### EXERCISE DESCRIPTION
Set down all of the lines below exactly as they are given.

### RECORDS
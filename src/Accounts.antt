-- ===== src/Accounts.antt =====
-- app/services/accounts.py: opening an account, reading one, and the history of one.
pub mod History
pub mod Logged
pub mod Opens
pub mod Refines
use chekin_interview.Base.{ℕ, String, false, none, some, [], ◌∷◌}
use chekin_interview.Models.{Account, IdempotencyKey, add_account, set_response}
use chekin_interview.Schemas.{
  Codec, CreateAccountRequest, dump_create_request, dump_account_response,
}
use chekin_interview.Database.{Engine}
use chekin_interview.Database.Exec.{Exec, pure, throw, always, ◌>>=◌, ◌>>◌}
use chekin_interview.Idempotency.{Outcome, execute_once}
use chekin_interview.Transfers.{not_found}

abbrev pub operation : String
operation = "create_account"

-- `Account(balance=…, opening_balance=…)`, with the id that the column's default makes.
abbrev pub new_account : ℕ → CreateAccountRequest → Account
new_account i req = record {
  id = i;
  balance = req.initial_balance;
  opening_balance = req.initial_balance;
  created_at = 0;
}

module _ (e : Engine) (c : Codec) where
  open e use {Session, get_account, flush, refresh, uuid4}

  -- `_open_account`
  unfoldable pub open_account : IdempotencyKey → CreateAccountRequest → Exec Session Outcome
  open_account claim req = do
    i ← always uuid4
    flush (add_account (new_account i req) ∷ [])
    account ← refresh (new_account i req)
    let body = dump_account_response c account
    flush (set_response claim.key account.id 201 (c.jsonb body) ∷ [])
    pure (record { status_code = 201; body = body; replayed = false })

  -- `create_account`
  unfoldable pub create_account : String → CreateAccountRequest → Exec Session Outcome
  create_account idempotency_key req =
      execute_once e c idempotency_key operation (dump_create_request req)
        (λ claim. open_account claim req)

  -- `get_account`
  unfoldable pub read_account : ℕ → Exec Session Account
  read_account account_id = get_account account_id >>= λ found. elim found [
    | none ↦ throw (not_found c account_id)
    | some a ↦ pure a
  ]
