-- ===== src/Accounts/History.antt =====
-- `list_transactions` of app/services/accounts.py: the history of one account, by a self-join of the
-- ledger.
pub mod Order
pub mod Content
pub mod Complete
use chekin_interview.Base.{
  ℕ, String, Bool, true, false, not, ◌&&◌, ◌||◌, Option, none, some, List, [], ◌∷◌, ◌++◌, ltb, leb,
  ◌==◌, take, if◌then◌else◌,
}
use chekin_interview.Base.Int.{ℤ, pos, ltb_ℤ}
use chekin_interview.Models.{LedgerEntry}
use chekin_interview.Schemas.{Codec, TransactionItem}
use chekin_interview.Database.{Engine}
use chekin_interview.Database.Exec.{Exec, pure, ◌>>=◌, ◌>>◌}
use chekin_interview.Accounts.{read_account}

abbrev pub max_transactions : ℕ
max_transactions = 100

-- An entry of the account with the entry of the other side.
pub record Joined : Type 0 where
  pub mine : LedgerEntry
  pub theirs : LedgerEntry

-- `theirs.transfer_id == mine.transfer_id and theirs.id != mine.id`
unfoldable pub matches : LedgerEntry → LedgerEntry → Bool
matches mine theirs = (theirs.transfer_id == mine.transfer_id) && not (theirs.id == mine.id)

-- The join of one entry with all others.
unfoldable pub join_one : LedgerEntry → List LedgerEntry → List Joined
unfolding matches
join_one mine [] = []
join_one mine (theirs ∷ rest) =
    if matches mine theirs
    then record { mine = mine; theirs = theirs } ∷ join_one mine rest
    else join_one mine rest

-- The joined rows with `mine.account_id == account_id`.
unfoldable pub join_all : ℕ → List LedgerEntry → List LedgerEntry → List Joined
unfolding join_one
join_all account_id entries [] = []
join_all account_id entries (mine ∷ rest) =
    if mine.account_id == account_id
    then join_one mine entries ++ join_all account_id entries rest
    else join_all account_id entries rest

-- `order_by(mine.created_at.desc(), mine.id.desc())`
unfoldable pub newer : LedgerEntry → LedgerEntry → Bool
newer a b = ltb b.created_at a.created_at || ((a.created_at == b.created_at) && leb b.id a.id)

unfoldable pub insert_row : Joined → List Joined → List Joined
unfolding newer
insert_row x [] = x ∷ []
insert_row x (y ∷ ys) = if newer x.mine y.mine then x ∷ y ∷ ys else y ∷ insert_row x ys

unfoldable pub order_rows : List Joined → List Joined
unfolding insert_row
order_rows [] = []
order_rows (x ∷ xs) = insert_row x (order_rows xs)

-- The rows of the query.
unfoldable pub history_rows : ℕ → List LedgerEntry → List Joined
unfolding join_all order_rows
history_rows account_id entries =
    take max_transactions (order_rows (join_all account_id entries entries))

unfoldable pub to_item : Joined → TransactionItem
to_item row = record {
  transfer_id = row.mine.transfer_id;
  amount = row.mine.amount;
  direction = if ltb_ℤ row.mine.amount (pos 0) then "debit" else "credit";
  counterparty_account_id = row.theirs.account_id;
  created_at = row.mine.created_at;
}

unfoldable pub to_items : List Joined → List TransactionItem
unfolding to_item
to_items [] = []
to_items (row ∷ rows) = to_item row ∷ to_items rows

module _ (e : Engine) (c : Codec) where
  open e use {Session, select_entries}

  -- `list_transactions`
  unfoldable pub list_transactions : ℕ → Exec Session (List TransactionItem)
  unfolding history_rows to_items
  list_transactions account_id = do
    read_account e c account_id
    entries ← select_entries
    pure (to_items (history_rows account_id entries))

### ANSWER TO THIS PROBLEM
filename src/Accounts.antt
-- ===== src/Accounts.antt =====
-- app/services/accounts.py: opening an account, reading one, and the history of one.
pub mod History
pub mod Logged
pub mod Opens
pub mod Refines
use chekin_interview.Base.{ℕ, String, false, none, some, [], ◌∷◌}
use chekin_interview.Models.{Account, IdempotencyKey, add_account, set_response}
use chekin_interview.Schemas.{
  Codec, CreateAccountRequest, dump_create_request, dump_account_response,
}
use chekin_interview.Database.{Engine}
use chekin_interview.Database.Exec.{Exec, pure, throw, always, ◌>>=◌, ◌>>◌}
use chekin_interview.Idempotency.{Outcome, execute_once}
use chekin_interview.Transfers.{not_found}

abbrev pub operation : String
operation = "create_account"

-- `Account(balance=…, opening_balance=…)`, with the id that the column's default makes.
abbrev pub new_account : ℕ → CreateAccountRequest → Account
new_account i req = record {
  id = i;
  balance = req.initial_balance;
  opening_balance = req.initial_balance;
  created_at = 0;
}

module _ (e : Engine) (c : Codec) where
  open e use {Session, get_account, flush, refresh, uuid4}

  -- `_open_account`
  unfoldable pub open_account : IdempotencyKey → CreateAccountRequest → Exec Session Outcome
  open_account claim req = do
    i ← always uuid4
    flush (add_account (new_account i req) ∷ [])
    account ← refresh (new_account i req)
    let body = dump_account_response c account
    flush (set_response claim.key account.id 201 (c.jsonb body) ∷ [])
    pure (record { status_code = 201; body = body; replayed = false })

  -- `create_account`
  unfoldable pub create_account : String → CreateAccountRequest → Exec Session Outcome
  create_account idempotency_key req =
      execute_once e c idempotency_key operation (dump_create_request req)
        (λ claim. open_account claim req)

  -- `get_account`
  unfoldable pub read_account : ℕ → Exec Session Account
  read_account account_id = get_account account_id >>= λ found. elim found [
    | none ↦ throw (not_found c account_id)
    | some a ↦ pure a
  ]
-- ===== src/Accounts/History.antt =====
-- `list_transactions` of app/services/accounts.py: the history of one account, by a self-join of the
-- ledger.
pub mod Order
pub mod Content
pub mod Complete
use chekin_interview.Base.{
  ℕ, String, Bool, true, false, not, ◌&&◌, ◌||◌, Option, none, some, List, [], ◌∷◌, ◌++◌, ltb, leb,
  ◌==◌, take, if◌then◌else◌,
}
use chekin_interview.Base.Int.{ℤ, pos, ltb_ℤ}
use chekin_interview.Models.{LedgerEntry}
use chekin_interview.Schemas.{Codec, TransactionItem}
use chekin_interview.Database.{Engine}
use chekin_interview.Database.Exec.{Exec, pure, ◌>>=◌, ◌>>◌}
use chekin_interview.Accounts.{read_account}

abbrev pub max_transactions : ℕ
max_transactions = 100

-- An entry of the account with the entry of the other side.
pub record Joined : Type 0 where
  pub mine : LedgerEntry
  pub theirs : LedgerEntry

-- `theirs.transfer_id == mine.transfer_id and theirs.id != mine.id`
unfoldable pub matches : LedgerEntry → LedgerEntry → Bool
matches mine theirs = (theirs.transfer_id == mine.transfer_id) && not (theirs.id == mine.id)

-- The join of one entry with all others.
unfoldable pub join_one : LedgerEntry → List LedgerEntry → List Joined
unfolding matches
join_one mine [] = []
join_one mine (theirs ∷ rest) =
    if matches mine theirs
    then record { mine = mine; theirs = theirs } ∷ join_one mine rest
    else join_one mine rest

-- The joined rows with `mine.account_id == account_id`.
unfoldable pub join_all : ℕ → List LedgerEntry → List LedgerEntry → List Joined
unfolding join_one
join_all account_id entries [] = []
join_all account_id entries (mine ∷ rest) =
    if mine.account_id == account_id
    then join_one mine entries ++ join_all account_id entries rest
    else join_all account_id entries rest

-- `order_by(mine.created_at.desc(), mine.id.desc())`
unfoldable pub newer : LedgerEntry → LedgerEntry → Bool
newer a b = ltb b.created_at a.created_at || ((a.created_at == b.created_at) && leb b.id a.id)

unfoldable pub insert_row : Joined → List Joined → List Joined
unfolding newer
insert_row x [] = x ∷ []
insert_row x (y ∷ ys) = if newer x.mine y.mine then x ∷ y ∷ ys else y ∷ insert_row x ys

unfoldable pub order_rows : List Joined → List Joined
unfolding insert_row
order_rows [] = []
order_rows (x ∷ xs) = insert_row x (order_rows xs)

-- The rows of the query.
unfoldable pub history_rows : ℕ → List LedgerEntry → List Joined
unfolding join_all order_rows
history_rows account_id entries =
    take max_transactions (order_rows (join_all account_id entries entries))

unfoldable pub to_item : Joined → TransactionItem
to_item row = record {
  transfer_id = row.mine.transfer_id;
  amount = row.mine.amount;
  direction = if ltb_ℤ row.mine.amount (pos 0) then "debit" else "credit";
  counterparty_account_id = row.theirs.account_id;
  created_at = row.mine.created_at;
}

unfoldable pub to_items : List Joined → List TransactionItem
unfolding to_item
to_items [] = []
to_items (row ∷ rows) = to_item row ∷ to_items rows

module _ (e : Engine) (c : Codec) where
  open e use {Session, select_entries}

  -- `list_transactions`
  unfoldable pub list_transactions : ℕ → Exec Session (List TransactionItem)
  unfolding history_rows to_items
  list_transactions account_id = do
    read_account e c account_id
    entries ← select_entries
    pure (to_items (history_rows account_id entries))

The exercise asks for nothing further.